Category: IceTheme

What is diabetic neuropathy?

Diabetic neuropathy is commonly caused by chronic high blood-sugar levels. This results in damage to the walls of the tiny blood vessels that supply oxygen and nutrients to the nerves in the ends of the hands and feet, as well as the essential organs in the body.4

Mainstream medicine wants you to believe the only thing you can do is take Big Pharma’s pills for the rest of your life.


Most doctors prescribe metformin. But to date, Big Pharma’s meds have failed to prevent the pandemic explosion of diabetes around the world and the painful neuropathy suffered by millions of diabetes patients around the world.

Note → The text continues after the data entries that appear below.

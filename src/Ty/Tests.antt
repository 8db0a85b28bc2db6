-- ===== src/Ty/Tests.antt =====
-- The tests that `compatible` makes at one level.
use cicest.Prelude.{◌≡◌, refl, Bool, true, false, not, ◌&&◌, arith, if◌then◌else◌}
use cicest.Ty.{
  TyKind, ref, named, is_never_kind, kind_eq, compatible_kind, Ty, ty, same_shape_as, compatible,
  args_compatible, pointee_compatible,
}
use cicest.Ty.Shape.{and_split, kind_eq→eq}

-- The tests of one level: on whether the actual type is `!`, on the shapes, on the runtime tags, and below.
pub level : Bool → Bool → Bool → Bool → Bool
level is_bottom same drops below =
    if is_bottom then true else if not same then false else if drops then false else below

pub level_split :
    (v w x y : Bool) → v ≡ false → level v w x y ≡ true → (w ≡ true) × (x ≡ false) × (y ≡ true)
unfolding level
level_split v w x y e h = ground arith

pub level_join : (v w x y : Bool) → w ≡ true → x ≡ false → y ≡ true → level v w x y ≡ true
unfolding level
level_join v w x y h g f = ground arith

pub compatible_kind_intro :
    (k : TyKind) (a p : Bool) → a ≡ true → p ≡ true → compatible_kind k a p ≡ true
compatible_kind_intro ref a p h g = g
compatible_kind_intro named a p h g = h
compatible_kind_intro _ a p h g = refl

pub compatible_kind_map₂ :
    (k : TyKind) (a a' a'' p p' p'' : Bool)
    → (a ≡ true → a' ≡ true → a'' ≡ true)
    → (p ≡ true → p' ≡ true → p'' ≡ true)
    → compatible_kind k a p ≡ true
    → compatible_kind k a' p' ≡ true
    → compatible_kind k a'' p'' ≡ true
compatible_kind_map₂ ref a a' a'' p p' p'' f g h h' = g h h'
compatible_kind_map₂ named a a' a'' p p' p'' f g h h' = f h h'
compatible_kind_map₂ _ a a' a'' p p' p'' f g h h' = refl

abbrev pub runtime_of : Ty → Bool
runtime_of (ty k n d gs p s r) = r

abbrev pub kind_of : Ty → TyKind
kind_of (ty k n d gs p s r) = k

-- The test of the levels below.
abbrev pub below : Ty → Ty → Bool
below (ty k n d gs p s r) (ty k' n' d' gs' p' s' r') =
    compatible_kind k (args_compatible gs gs') (pointee_compatible p p')

-- What compatibility says of a type that is not `!`.
pub compatible_split :
    (a b : Ty)
    → is_never_kind (kind_of a) ≡ false
    → compatible a b ≡ true
    → (same_shape_as a b ≡ true)
      × ((runtime_of a && not (runtime_of b)) ≡ false)
      × (below a b ≡ true)
unfolding compatible level
compatible_split (ty k n d gs p s r) (ty k' n' d' gs' p' s' r') e h =
    level_split (is_never_kind k) _ (r && not r') _ e h

pub compatible_join :
    (a b : Ty)
    → same_shape_as a b ≡ true
    → (runtime_of a && not (runtime_of b)) ≡ false
    → below a b ≡ true
    → compatible a b ≡ true
unfolding compatible level
compatible_join (ty k n d gs p s r) (ty k' n' d' gs' p' s' r') h g f =
    level_join (is_never_kind k) _ (r && not r') _ h g f

pub compatible_never : (a b : Ty) → is_never_kind (kind_of a) ≡ true → compatible a b ≡ true
unfolding compatible
compatible_never (ty k n d gs p s r) (ty k' n' d' gs' p' s' r') h = rw h refl

pub same_kind : (a b : Ty) → same_shape_as a b ≡ true → kind_of a ≡ kind_of b
unfolding same_shape_as
same_kind (ty k n d gs p s r) (ty k' n' d' gs' p' s' r') h =
    kind_eq→eq k k' (and_split (kind_eq k k') _ h).0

Metformin also comes with potential side effects like dizziness, fatigue, cardiovascular reactions, flu-like symptoms, muscle pain, stomach pain, diarrhea and anemia.5

Natural remedies to prevent diabetes

But you can protect yourself from diabetes — and the pain and damage of neuropathy — by making sure you’re getting enough vitamin D3.

In my patients, I consider “therapeutic level” of vitamin D3 in your blood to be between 50 and 60 ng/ml. To reach that level, I recommend a daily intake of 8,000 IUs of vitamin D3 per day.

The good news is that while most Americans are woefully deficient in vitamin D, it’s incredibly easy to get up to optimal levels.

Here’s what I recommend to my patients:

Step 1: Don’t be afraid of the sun. As long as you avoid sunburn, getting some midday sun unprotected for about 10 to 15 minutes a day is good for you. It will give you between 3,000 and 5,000 IUs of vitamin D3.


But here’s what you need to remember. It’s not enough to just take a walk. You need to expose the skin that’s usually covered up. If you always wear a shirt when you’re out in the sun, try taking your shirt off. Even if you just sit in your backyard for a few minutes. Getting sun when you’re all covered up will not have the same effect.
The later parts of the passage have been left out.